Cinergy shareholders approve merger with Duke Energy

Cincinnati, OH, Mar. 13, 2006 — Cinergy Corp. announced that its shareholders approved the planned merger with Duke Energy at a special meeting of shareholders held on Monday (March 13) morning.

Approximately 73 percent of the Cinergy outstanding common shares were voted with 95.5 percent of the shares voted in favor of the merger. Duke Energy shareholders also approved the merger at a separate meeting in Charlotte, NC.

Under the merger agreement, each Cinergy share will be converted to 1.56 shares of the new Duke Energy at the close of the merger.

“We are very pleased that our shareholders have expressed their support of this transaction, which will create one of the largest energy companies in the United States,” said James E. Rogers, chairman and CEO of Cinergy.

During the special meeting of shareholders, Rogers announced that upon closing of the merger, the existing franchised electric and gas utilities — Cincinnati Gas & Electric in Ohio; Union Light, Heat and Power in Kentucky; PSI Energy in Indiana and Duke Power in North Carolina and South Carolina — will all be re-branded as Duke Energy.

“We believe using one name signifies one company, one stock and one team and supports the growth of our business and a commitment to consistent performance for our customers, employees and shareholders,” Rogers noted.

Cinergy also announced that its board of directors declared a partial dividend of $0.1564 per share on the outstanding shares of Cinergy common stock, payable on March 27, 2006, to shareholders of record at the close of business on March 20, 2006. Only Cinergy shareholders who hold their Cinergy shares on March 20, 2006 will be entitled to receive the partial dividend on such shares.

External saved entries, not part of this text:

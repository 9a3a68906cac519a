-- ===== src/Aes/Encrypt/Generate.antt =====
-- `rdrand_get_bytes_aes_ctr`: how much it returns, where it writes, and the state that it leaves.
use rd_rand.Prelude.{
  ℕ, zero, suc, ◌+◌, ◌*◌, ◌/◌, ◌%◌, ◌≤◌, ◌<◌, ◌≡◌, refl, subst, ◌∙◌, arith, List, take, length-take,
  true, false, Bool, not, ◌==◌, ℤ, if_elim, if◌then◌else◌,
}
use rd_rand.Cpu.{Cpu, Build}
use rd_rand.Memory.{Machine, store_bytes}
use rd_rand.Memory.Store.{store_bytes_outside}
use rd_rand.Bytes.{rdrand_get_bytes_retry}
use rd_rand.Bytes.Safety.{Outside, bytes_retry_within}
use rd_rand.Bytes.Complete.{Complete}
use rd_rand.Aes.State.{AesCfg, OpenSsl}
use rd_rand.Aes.Change.{counter}
use rd_rand.Aes.Invariant.{IsLawful, IsReady, counter-IsReady, enciphered-IsReady}
use rd_rand.Aes.Encrypt.{
  load_bytes, generate_part, generate_tail, generate_loop, rdrand_get_bytes_aes_ctr, Generated,
}

module _ {Ctx : Type 0} (ssl : OpenSsl Ctx) (build : Build) (cpu : Cpu) (buf : ℕ) where
  -- A property `P` of results, by the number of bytes that are still asked for, the destination, the
  -- bytes generated, and the state: it holds of the loop if it does of its start, where nothing is
  -- left or a part fails, and if it follows from what it says after the first part.
  module _ {ℓ} (retry_limit : ℤ)
      (P : (left dest g : ℕ) → AesCfg Ctx → Machine → Generated ssl build cpu buf → Type ℓ)
      (stop : (left dest g : ℕ) (c : AesCfg Ctx) (m : Machine) → P 0 dest g c m (g, c, m))
      (fail : (n left dest g : ℕ) (c : AesCfg Ctx) (m : Machine)
        → n ≤ 2048
        → let r = generate_part ssl build cpu buf n dest retry_limit c m in
          r.0 ≡ false → P (n + left) dest g c m (g, r.1, r.2))
      (part : (n left dest g : ℕ) (c : AesCfg Ctx) (m : Machine)
          (final : Generated ssl build cpu buf)
        → n ≤ 2048
        → let r = generate_part ssl build cpu buf n dest retry_limit c m in
          r.0 ≡ true
          → P left (dest + n) (g + n) r.1 r.2 final
          → P (n + left) dest g c m final) where
    tail_rule :
        (tail dest g : ℕ) (c : AesCfg Ctx) (m : Machine)
        → tail < 2048
        → P tail dest g c m (generate_tail ssl build cpu buf tail dest g retry_limit c m)
    unfolding generate_tail
    tail_rule tail dest g c m small =
        let z : tail + 0 ≡ tail = omega arith in
        let r = generate_part ssl build cpu buf tail dest retry_limit c m in
        if_elim {A = Generated ssl build cpu buf} (P tail dest g c m) (tail == 0)
          (λ e. let t : tail ≡ 0 = ground arith in rw t (stop 0 dest g c m))
          (λ _.
            if_elim {A = Generated ssl build cpu buf} (P tail dest g c m) r.0
              (λ ok.
                subst (λ n. P n dest g c m (g + tail, r.1, r.2)) z
                  (part tail 0 dest g c m _ (omega arith) ok
                    (stop 0 (dest + tail) (g + tail) r.1 r.2)))
              (λ bad.
                subst (λ n. P n dest g c m (g, r.1, r.2)) z
                  (fail tail 0 dest g c m (omega arith) bad)))

    loop_rule :
        (tail buffers dest g : ℕ) (c : AesCfg Ctx) (m : Machine)
        → tail < 2048
        → P
            (2048 * buffers + tail)
            dest
            g
            c
            m
            (generate_loop ssl build cpu buf tail buffers dest g retry_limit c m)
    unfolding generate_loop
    loop_rule tail zero dest g c m small =
        let z : tail ≡ 2048 * 0 + tail = omega arith in
        subst (λ n. P n dest g c m (generate_tail ssl build cpu buf tail dest g retry_limit c m)) z
          (tail_rule tail dest g c m small)
    loop_rule tail (suc buffers) dest g c m small =
        let r = generate_part ssl build cpu buf 2048 dest retry_limit c m in
        let e : 2048 + (2048 * buffers + tail) ≡ 2048 * suc buffers + tail = omega arith in
        let final : Generated ssl build cpu buf =
          generate_loop ssl build cpu buf tail buffers (dest + 2048) (g + 2048) retry_limit r.1
            r.2 in
        let rest = loop_rule tail buffers (dest + 2048) (g + 2048) r.1 r.2 small in
        if_elim {A = Generated ssl build cpu buf} (P (2048 * suc buffers + tail) dest g c m) r.0
          (λ ok.
            subst (λ n. P n dest g c m final) e
              (part 2048 (2048 * buffers + tail) dest g c m final (omega arith) ok rest))
          (λ bad.
            subst (λ n. P n dest g c m (g, r.1, r.2)) e
              (fail 2048 (2048 * buffers + tail) dest g c m (omega arith) bad))

    whole_rule :
        (dest count : ℕ) (c : AesCfg Ctx) (m : Machine)
        → P count dest 0 c m (rdrand_get_bytes_aes_ctr ssl build cpu buf dest count retry_limit c m)
    unfolding rdrand_get_bytes_aes_ctr
    whole_rule dest count c m =
        let e : 2048 * (count / 2048) + count % 2048 ≡ count = omega arith in
        subst
          (λ n.
            P n dest 0 c m (rdrand_get_bytes_aes_ctr ssl build cpu buf dest count retry_limit c m))
          e (loop_rule (count % 2048) (count / 2048) dest 0 c m (omega arith))

  module _ (retry_limit : ℤ) (n dest : ℕ) (c : AesCfg Ctx) (m : Machine) where
    -- One part writes to the local buffer, and then to the destination.
    part-Outside :
        (p : ℕ)
        → n ≤ 2048
        → Outside buf 2048 p
        → Outside dest n p
        → (generate_part ssl build cpu buf n dest retry_limit c m).2.mem p ≡ m.mem p
    unfolding generate_part
    part-Outside p small out_buf out_dest =
        let c' = (counter ssl n c).0 in
        let m' = (rdrand_get_bytes_retry build cpu buf n retry_limit m).1 in
        let out : List ℕ = (ssl.encrypt_update c'.en (load_bytes m'.mem buf n)).0 in
        let inner =
          (bytes_retry_within build cpu buf n retry_limit m p (omega arith) (omega arith)).1 in
        let got = (rdrand_get_bytes_retry build cpu buf n retry_limit m).0 in
        let (_, en, ok) = ssl.encrypt_update c'.en (load_bytes m'.mem buf n) in
        let stored =
          store_bytes_outside m'.mem dest (take n out) p (omega (arith, length-take n out)) in
        if_elim {A = Bool × AesCfg Ctx × Machine} (λ r. r.2.mem p ≡ m.mem p) (not (got == n))
          {x = (false, c', m')}
          {y = if not ok then (false, record c' { en = en }, m') else (
            true,
            record c' { en = en },
            record m' { mem = store_bytes m'.mem dest (take n out) },
          )}
          (λ _. inner)
          (λ _.
            if_elim {A = Bool × AesCfg Ctx × Machine} (λ r. r.2.mem p ≡ m.mem p) (not ok)
              {x = (false, record c' { en = en }, m')}
              {y = (
                true,
                record c' { en = en },
                record m' { mem = store_bytes m'.mem dest (take n out) },
              )}
              (λ _. inner) (λ _. stored ∙ inner))

    part-IsReady :
        IsLawful ssl
        → IsReady c
        → IsReady (generate_part ssl build cpu buf n dest retry_limit c m).1
    unfolding generate_part
    part-IsReady law ready =
        let IsGood : Bool × AesCfg Ctx × Machine → Type 0 = λ r. IsReady r.1 in
        let counted = counter-IsReady ssl law n c ready in
        let c' = (counter ssl n c).0 in
        let g = rdrand_get_bytes_retry build cpu buf n retry_limit m in
        let (_, en, ok) = ssl.encrypt_update c'.en (load_bytes g.1.mem buf n) in
        let coded = enciphered-IsReady ssl law c' en counted in
        if_elim {A = Bool × AesCfg Ctx × Machine} IsGood (not (g.0 == n)) (λ _. counted)
          (λ _. if_elim {A = Bool × AesCfg Ctx × Machine} IsGood (not ok) (λ _. coded) (λ _. coded))

    part-ok :
        Complete build cpu
        → ((en : Ctx) (b : List ℕ) → (ssl.encrypt_update en b).2 ≡ true)
        → n ≤ 2048
        → (generate_part ssl build cpu buf n dest retry_limit c m).0 ≡ true
    unfolding generate_part
    part-ok delivers enciphers small =
        let c' = (counter ssl n c).0 in
        let m' = (rdrand_get_bytes_retry build cpu buf n retry_limit m).1 in
        ground (
          arith,
          delivers buf n retry_limit m (omega arith),
          enciphers c'.en (load_bytes m'.mem buf n),
        )

  module _ (retry_limit : ℤ) (dest count : ℕ) (c : AesCfg Ctx) (m : Machine) where
    abbrev result : Generated ssl build cpu buf
    result = rdrand_get_bytes_aes_ctr ssl build cpu buf dest count retry_limit c m

    -- `rdrand_get_bytes_aes_ctr` returns `count` at most and changes no byte outside its own buffer of
    -- 2048 bytes at `buf` and the `count` bytes from `dest` on, whatever the processor and the cipher
    -- do.
    pub aes_ctr_within :
        (p : ℕ)
        → Outside buf 2048 p
        → Outside dest count p
        → (result.0 ≤ count) × (result.2.mem p ≡ m.mem p)
    aes_ctr_within p out_buf out_dest =
        let within =
          whole_rule retry_limit
            (λ left d g s w r. Outside d left p → (r.0 ≤ g + left) × (r.2.mem p ≡ w.mem p))
            (λ left d g s w _. (omega arith, refl))
            (λ n left d g s w small bad out.
              (omega arith, part-Outside retry_limit n d s w p small out_buf (omega arith)))
            (λ n left d g s w r small ok rest out.
              let (le, same) = rest (omega arith) in
              (omega arith, same ∙ part-Outside retry_limit n d s w p small out_buf (omega arith)))
            dest count c m out_dest in
        (omega (arith, within.0), within.1)

    -- From a ready state, `rdrand_get_bytes_aes_ctr` leaves a ready state, also where it returns early.
    pub aes_ctr-IsReady : IsLawful ssl → IsReady c → IsReady result.1
    aes_ctr-IsReady law ready =
        whole_rule retry_limit (λ left d g s w r. IsReady s → IsReady r.1) (λ left d g s w now. now)
          (λ n left d g s w small bad now. part-IsReady retry_limit n d s w law now)
          (λ n left d g s w r small ok rest now. rest (part-IsReady retry_limit n d s w law now))
          dest count c m ready

    pub aes_ctr-full :
        Complete build cpu
        → ((en : Ctx) (b : List ℕ) → (ssl.encrypt_update en b).2 ≡ true)
        → result.0 ≡ count
    aes_ctr-full delivers enciphers =
        let full =
          whole_rule retry_limit (λ left d g s w r. r.0 ≡ g + left) (λ left d g s w. omega arith)
            (λ n left d g s w small bad.
              absurd (ground (arith, part-ok retry_limit n d s w delivers enciphers small)))
            (λ n left d g s w r small ok rest. omega arith) dest count c m in
        omega (arith, full)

Cinergy declared the partial dividend in order to align Cinergy’s dividend payment schedule with that of Duke Energy in anticipation of the closing of the merger. If the merger is not completed prior to Cinergy’s next regularly scheduled quarterly dividend, Cinergy shareholders will receive another partial dividend equal to the remaining balance of Cinergy’s regular quarterly dividend. Following completion of the merger, Cinergy shares will be converted into Duke Energy shares and will participate in all of Duke’s future regular quarterly dividends.

After the merger is complete, Paul M. Anderson, currently chairman and CEO of Duke Energy, will become chairman of the board of the new Duke Energy. Rogers, currently chairman and CEO of Cinergy, will be president and CEO. Ann Maynard Gray, currently lead director of the Duke Energy board, is expected to continue to serve in that capacity on the new board.

The merger, announced May 9, 2005, has been approved by state regulators in Ohio, Kentucky and South Carolina; by the Federal Energy Regulatory Commission and the Nuclear Regulatory Commission; and, the companies have satisfied Federal Trade Commission and U.S. Department of Justice review under the Hart-Scott-Rodino Antitrust Improvements Act of 1976.

Regulators in North Carolina and Indiana are currently considering settlement agreements reached between the companies and certain interested parties in each state. The companies anticipate closing the merger as early as April.